In May 2004, HTAC convened the first community committee shura at ABO, a model replicated for all HTAC projects, and based on solid community participation, support and ownership at all levels of school planning and building, construction, program implementation and maintenance. Furnished and built by local workers using local supplies, ABO, like all HTAC-sponsored schools are bly constructed, maintained in excellent condition, and built for a quarter as much as other aid-supported programs. | | Joyful students in classroom at ABO school in Paghman District, April 2007 |
But the voices of the Afghanistan students themselves weigh in further on the education they now receive. During her welcoming visit to ABO in April 2007, her 45th trip to Afghanistan for HTAC, Suraya Sadeed interviewed children for the "innocent wisdom" project. Asked about love, nature, God, war, peace, and happiness like freshly-washed gems the first through fifth graders described their dreams and revealed their new understanding. The best way to make the world a better place, more than four-fifths enthusiastically piped up, was to build a school, a sponsored school. Abdullah Bin Omar is such a school, opening dreams and educating a new Afghan generation.
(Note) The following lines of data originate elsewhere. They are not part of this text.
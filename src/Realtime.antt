-- ===== src/Realtime.antt =====
-- app/realtime/events.py: what the ingest workers publish for the websockets.
pub mod Grouping
mod Tests
use Prim.Native.String.{◌++◌ as append}
use geo_device.Prelude.{ℕ, List, [], ◌∷◌, ◌++◌, map, String, length, Option, none, some, string_key}
use geo_device.Dict
use geo_device.Dict.{Dict}
use geo_device.Exec.{Exec, pure, ◌>>=◌, ◌>>◌}
use geo_device.Pings.{Ping, ZoneHit, Formats}
use geo_device.Pings.Codec.{to_json}
use geo_device.Services.{Redis, Command, publish}
use geo_device.Trace.{Run, pipelined, published, perform}

abbrev pub alert_channel_prefix : String
alert_channel_prefix = "alerts:"

abbrev pub position_channel : String
position_channel = "positions"

-- `ALERT_CHANNEL.format(user_id=user_id)`
unfoldable pub alert_channel : String → String
alert_channel user_id = append alert_channel_prefix user_id

abbrev pub or_no_hits : Option (List ZoneHit) → List ZoneHit
or_no_hits none = []
or_no_hits (some hits) = hits

-- The loop that fills `by_user`, a `defaultdict(list)`.
unfoldable pub by_user : Dict String (List ZoneHit) → List ZoneHit → Dict String (List ZoneHit)
unfolding Dict.get Dict.put
by_user d [] = d
by_user d (hit ∷ hits) =
    by_user (Dict.put d hit.user_id (or_no_hits (Dict.get d hit.user_id) ++ hit ∷ [])) hits

module _ (formats : Formats) where
  unfoldable pub alert_commands : Dict String (List ZoneHit) → List Command
  unfolding alert_channel
  alert_commands [] = []
  alert_commands ((user_id, hits) ∷ d) =
      publish (alert_channel user_id) (formats.dumps_alerts hits) ∷ alert_commands d

module _ {W : Type 0} (redis : Redis W) (formats : Formats) where
  unfoldable pub publish_alerts : List ZoneHit → Exec (Run W) ℕ
  unfolding pure perform by_user alert_commands ◌>>=◌
  publish_alerts [] = pure 0
  publish_alerts (hit ∷ hits) = do
    perform (λ _. pipelined (alert_commands formats (by_user [] (hit ∷ hits))))
        (redis.execute (alert_commands formats (by_user [] (hit ∷ hits))))
    pure (length (hit ∷ hits))

  unfoldable pub publish_positions : List Ping → Exec (Run W) ℕ
  unfolding pure perform to_json ◌>>=◌
  publish_positions [] = pure 0
  publish_positions (ping ∷ positions) = do
    perform (λ _. published position_channel)
        (redis.publish_now position_channel
          (formats.dumps_positions (map (to_json formats) (ping ∷ positions))))
    pure (length (ping ∷ positions))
As an HTAC Afghanistan school or educational program sponsor, you can help build dreams and educate children across Afghanistan and empower HTAC to replicate more facilities like Abdullah bin Omar Primary school. You can ensure that the community invests in its girls, children who often risk their lives to attend classes in targeted areas and whose courage defies century-old prejudices and more recent religious fanaticism against educating Afghanistan women. Your support goes to train and support competent teachers and programs aimed at developing the skills and knowledge necessary to develop a new generation of leaders, thinkers and workers. In addition, your charitable Afghanistan students sponsorship can bring chairs, desks, simple play equipment, hygiene kits, and generators to villages without electricity, clinics, or potable water, and build a safe nurturing center for present and future learning. Only out of such a body of children, within a community impenetrable to the violence and ignorance that has shattered Afghanistan for decades, can a new educated and engaged citizenry and nation rise.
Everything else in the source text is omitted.